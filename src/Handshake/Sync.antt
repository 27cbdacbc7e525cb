-- ===== src/Handshake/Sync.antt =====
-- `run_handshake` of scripts/probe-mtk-handshake.py.
pub mod Echo
use Prim.Native.Nat.{bit_xor}
use oukitel_rt7_linux.Prelude.{
  ℕ, ◌+◌, ◌≡◌, Bool, true, false, ◌||◌, List, [], ◌∷◌, ◌++◌, Option, none, some, ◌!=◌, nat_eq,
  if◌then◌else◌, ok, err, Result,
}
use oukitel_rt7_linux.Prelude.Exec.{◌>>=◌, ◌>>◌, pure, raise, attempt}
use oukitel_rt7_linux.Python.Bytes.{Bytes}
use oukitel_rt7_linux.Handshake.Usb.{
  Usb, World, Probe, Exception, Line, call, print, bulk_write, bulk_read, sync_error, sync_reply,
  usb_error,
}
use oukitel_rt7_linux.Handshake.Endpoints.{EndpointPair}

abbrev pub start_command : Bytes
start_command = 0xA0 ∷ 0x0A ∷ 0x50 ∷ 0x05 ∷ []

-- `echo[0] if len(echo) == 1 else None` differs from the byte that is expected.
unfoldable pub is_wrong_echo : Bytes → ℕ → Bool
is_wrong_echo (b ∷ []) expected = b != expected
is_wrong_echo _ expected = true

abbrev pub complement : ℕ → ℕ
complement value = bit_xor value 0xFF

module _ (usb : Usb) (pair : EndpointPair) where
  -- One byte out and one byte in.
  unfoldable pub exchange : ℕ → Probe usb (ℕ × Bytes)
  unfolding call
  exchange value = do
    written ←
        call usb (bulk_write pair.endpoint_out (value ∷ []))
          (usb.write pair.endpoint_out (value ∷ []))
    echo ← call usb (bulk_read pair.endpoint_in 1) (usb.read pair.endpoint_in 1)
    pure (written, echo)

  abbrev pub judge : ℕ → ℕ → ℕ × Bytes → Probe usb Bool
  judge index value (written, echo) = do
    print usb (sync_reply index value written echo (complement value))
    pure (if written != 1 || is_wrong_echo echo (complement value) then false else true)

  abbrev pub report : ℕ → ℕ → Result Exception (ℕ × Bytes) → Probe usb Bool
  report index value (ok reply) = judge index value reply
  report index value (err (usb_error message)) = do
    print usb (sync_error index value (usb_error message))
    pure false
  report index value (err other) = raise other

  -- One round of the loop, and whether it goes on.
  unfoldable pub sync_byte : ℕ → ℕ → Probe usb Bool
  unfolding exchange
  sync_byte index value = do outcome ← attempt (exchange value); report index value outcome

  unfoldable pub sync_loop : ℕ → Bytes → Probe usb Bool
  unfolding sync_byte
  sync_loop index [] = pure true
  sync_loop index (value ∷ rest) = do
    good ← sync_byte index value
    if good then sync_loop (index + 1) rest else pure false

  unfoldable pub run_handshake : Probe usb Bool
  unfolding sync_loop
  run_handshake = sync_loop 1 start_command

● Exercise brief:
Print exactly the lines of the listing above starting at the line containing "report index value (err (usb_error" and ending at the line containing "good ← sync_byte index value", both included.

● Answer below:
  report index value (err (usb_error message)) = do
    print usb (sync_error index value (usb_error message))
    pure false
  report index value (err other) = raise other

  -- One round of the loop, and whether it goes on.
  unfoldable pub sync_byte : ℕ → ℕ → Probe usb Bool
  unfolding exchange
  sync_byte index value = do outcome ← attempt (exchange value); report index value outcome

  unfoldable pub sync_loop : ℕ → Bytes → Probe usb Bool
  unfolding sync_byte
  sync_loop index [] = pure true
  sync_loop index (value ∷ rest) = do
    good ← sync_byte index value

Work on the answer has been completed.